# How often to feed the fish ?



## ppaskova (Apr 27, 2010)

Hi Guys

I have 10Gl tank with 6 neons, 2.5 guppies (one of them is a 2 moths old baby), 1 swordtail and 5 bottom feeders (2 otts and 3 small curry cats). and 9 amano shrimps. I have this tank for 4-5 months now and it has low light live plants in it (It's planted tank). I use to feed my fish (after first two months) twice a day but had been suggested to feed 1 time a day and don't feed 1 day a week to help me fight algae that I've got on my plants (as part of fighting algae I already decreased my lighting, added more plants, added 9 amano shrimps and 2 otto cats, otherwise it will be less fish in the tank) My algae has decreased (but not gone completely) but now my fish picked up on my Cherry Shrimps (which was living in harmony with them for 3 month). I went out of town last week for 3 days and did not feed my fish and when I came back I noticed no cherry shrimps anymore (and they have enough places to hide in my planted tank). Today I discovered the piece that look like piece of body of Cherry shrimp and when I put it back into my tank, my neons happily eaten it (although it was not small). Here is my question. If I feed my fish more I'll get more algae if I feed my fish less they will pick up on smaller things like shrimps. So what to do to keep a good balance ? 

Thanks


----------



## bumbleboo (Jun 6, 2010)

Hmm... well, maybe it might be good to get a bigger tank for them. That is pretty overstocked I think...

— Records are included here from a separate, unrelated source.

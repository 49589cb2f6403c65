-- ===== src/Collect/SeccompMode.antt =====
-- The mode that src/c_config/seccomp.rs collects, as the evaluation reads it.
use mathlib.Core.Path.{subst}
use mathlib.Core.Option.{some-injective}
use text.Mathlib.TextEquality.{Char-path}
use text.Mathlib.TextLemmas.{nil-append, cons-append}
use Prim.Native.Char.{code}
use checkc.Base.{
  ℕ, ◌≡◌, refl, ◌∙◌, sym, ap, true, Option, none, some, List, [], ◌∷◌, ◌++◌, ok, String, inr, inl,
  All, Bool-cases, nat_beq, nat_beq_iff,
}
use checkc.Base.Int.{ℤ}
use checkc.Base.Text.{◌<>◌, show_ℕ}
use checkc.Proto.Host.{
  SeccompMode, SeccompConfig, seccomp_config_mode, seccomp_mode_from_i32, seccomp_mode_to_i32,
  seccomp_mode_from_i32-to_i32, seccomp_mode_disabled, seccomp_mode_strict, seccomp_mode_filter,
  unspecified,
}
use checkc.Collect.Kernel.{Kernel}
use checkc.Collect.Numbers.{show_int, is_digit, decimal}
use checkc.Collect.Status.{
  find_mode, mode_of_line, starts_with, only_digits, parse_c_uint, mode_try_from, seccomp_config,
  syscall_result,
}

seccomp_config_mode-to_i32 :
    (c : SeccompConfig) (m : SeccompMode)
    → c.mode_number ≡ seccomp_mode_to_i32 m
    → seccomp_config_mode c ≡ m
unfolding seccomp_config_mode
seccomp_config_mode-to_i32 c m h = cc (ap seccomp_mode_from_i32 h, seccomp_mode_from_i32-to_i32 m)

-- The number of a mode in the kernel (linux/seccomp.h).
abbrev pub linux_number : SeccompMode → Option ℕ
linux_number seccomp_mode_disabled = some 0
linux_number seccomp_mode_strict = some 1
linux_number seccomp_mode_filter = some 2
linux_number unspecified = none

-- The line on which the kernel prints it.
abbrev pub status_line : ℕ → String
status_line n = "Seccomp:\t" <> show_ℕ n

abbrev pub StartsWith : String → String → Type 0
StartsWith prefix line = (rest : String) × (line ≡ prefix <> rest)

starts_with-StartsWith :
    (prefix line : String) → starts_with prefix line ≡ true → StartsWith prefix line
unfolding starts_with
starts_with-StartsWith String.[] line h = (line, sym (nil-append line))
starts_with-StartsWith (String.◌∷◌ p ps) String.[] h = absurd (cc h)
starts_with-StartsWith (String.◌∷◌ p ps) (String.◌∷◌ c s) h =
    elim (Bool-cases (nat_beq (code p) (code c))) [
      | inl y ↦
          let (rest, e) = starts_with-StartsWith ps s (cc (h, y)) in
          let same : p ≡ c = Char-path p c ((nat_beq_iff (code p) (code c)).0 y) in
          (
            rest,
            ap (String.◌∷◌ c) e
                ∙ ap (λ x. String.◌∷◌ x (ps <> rest)) (sym same)
                ∙ sym (cons-append p ps rest),
          )
      | inr n ↦ absurd (cc (h, n))
    ]

pub starts_with-append : (prefix rest : String) → starts_with prefix (prefix <> rest) ≡ true
unfolding starts_with
starts_with-append String.[] rest = refl
starts_with-append (String.◌∷◌ p ps) rest =
    ap (starts_with (String.◌∷◌ p ps)) (cons-append p ps rest)
    ∙ rw ((nat_beq_iff (code p) (code p)).1 refl) (starts_with-append ps rest)

-- The lines before the mode's do not count.
find_mode-skip :
    (before : List String) (line : String) (after : List String)
    → All (λ other. StartsWith "Seccomp:" other → ⊥) before
    → starts_with "Seccomp:" line ≡ true
    → find_mode (before ++ line ∷ after) ≡ mode_of_line line
unfolding find_mode
find_mode-skip [] line after h k = rw k refl
find_mode-skip (other ∷ before) line after h k = elim (Bool-cases (starts_with "Seccomp:" other)) [
  | inl y ↦ absurd (h.0 (starts_with-StartsWith "Seccomp:" other y))
  | inr n ↦ rw n (find_mode-skip before line after h.1 k)
]

-- The line is found, and its mode is read.
abbrev IsRead : SeccompMode → ℕ → Type 0
IsRead m n = (starts_with "Seccomp:" (status_line n) ≡ true) × (mode_of_line (status_line n) ≡ ok m)

mode_of_line-linux_number : (m : SeccompMode) (n : ℕ) → linux_number m ≡ some n → IsRead m n
unfolding starts_with mode_of_line only_digits parse_c_uint mode_try_from is_digit decimal show_ℕ
mode_of_line-linux_number seccomp_mode_disabled n h =
    subst (IsRead seccomp_mode_disabled) (some-injective 0 n h) (refl, refl)
mode_of_line-linux_number seccomp_mode_strict n h =
    subst (IsRead seccomp_mode_strict) (some-injective 1 n h) (refl, refl)
mode_of_line-linux_number seccomp_mode_filter n h =
    subst (IsRead seccomp_mode_filter) (some-injective 2 n h) (refl, refl)
mode_of_line-linux_number unspecified n h = absurd (cc h)

-- Where the status of a process has a line for the mode of seccomp, as the kernel prints it, and no line
-- before that starts with Seccomp: , the configuration is collected, and the evaluation reads that mode
-- from it.
pub seccomp_config-linux_number :
    (kernel : Kernel) (remount_sysfs : Option String) (pid : ℤ) (before after : List String)
    (m : SeccompMode) (n : ℕ)
    → kernel.lines ("/proc/" <> show_int pid <> "/status") ≡ inr (before ++ status_line n ∷ after)
    → All (λ other. StartsWith "Seccomp:" other → ⊥) before
    → linux_number m ≡ some n
    → (c : SeccompConfig) × (seccomp_config kernel remount_sysfs pid ≡ ok c)
      × (seccomp_config_mode c ≡ m)
unfolding seccomp_config
seccomp_config-linux_number kernel remount_sysfs pid before after m n status first number =
    let (starts, reads) = mode_of_line-linux_number m n number in
    let read = find_mode-skip before (status_line n) after first starts ∙ reads in
    let config : SeccompConfig = record {
      mode_number = seccomp_mode_to_i32 m;
      syscall_map = ("mount: remount sysfs", syscall_result remount_sysfs) ∷ [];
    } in
    (config, rw (status, read) refl, seccomp_config_mode-to_i32 config m refl)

It's just an "estimate" but here's how your tank adds up, without the corycats (I don't know what type you have). http://www.aqadvisor.com/AqAdvisor....AqSpeciesWindowSize=short&AqSearchMode=simple

I also don't know what type of filter you have, but I would really suggest getting a larger tank for your fishies and keep the feeding to a minimum for now.


----------



## ppaskova (Apr 27, 2010)

bumbleboo said:


> Hmm... well, maybe it might be good to get a bigger tank for them. That is pretty overstocked I think...
> 
> It's just an "estimate" but here's how your tank adds up, without the corycats (I don't know what type you have). http://www.aqadvisor.com/AqAdvisor....AqSpeciesWindowSize=short&AqSearchMode=simple
> 
> I also don't know what type of filter you have, but I would really suggest getting a larger tank for your fishies and keep the feeding to a minimum for now.


This type of answer I have expected. I'm not going to go to discussion regarding overstocking as You have to find out where it's realy comming from (and you will be surprized. I can tell you from my personal expirience that 20 years ago in my home contry I use to successfuly keep 20 guppies in 5Gl tank for over 3 years with no filter but only airpimp). I have AC20 filter and I have been on that webside and I don't trast it (same reason as above). And 9 amanos and 2 otts is for fighting algae I would not add them if not for algae. Plus the whole reason I have live plants is to have more fish otherwise I put plastic ones.
When you saying feeding to the minimum, can you be more specific and explain why ?????


----------



## bumbleboo (Jun 6, 2010)

What are your water parameters? Did you actually see your fish picking on the shrimp? Because it seems more likely (to me, at least) that high ammonia/nitrates killed your shrimp and that the fish are eating the remains.


----------



## ppaskova (Apr 27, 2010)

bumbleboo said:


> What are your water parameters? Did you actually see your fish picking on the shrimp? Because it seems more likely (to me, at least) that high ammonia/nitrates killed your shrimp and that the fish are eating the remains.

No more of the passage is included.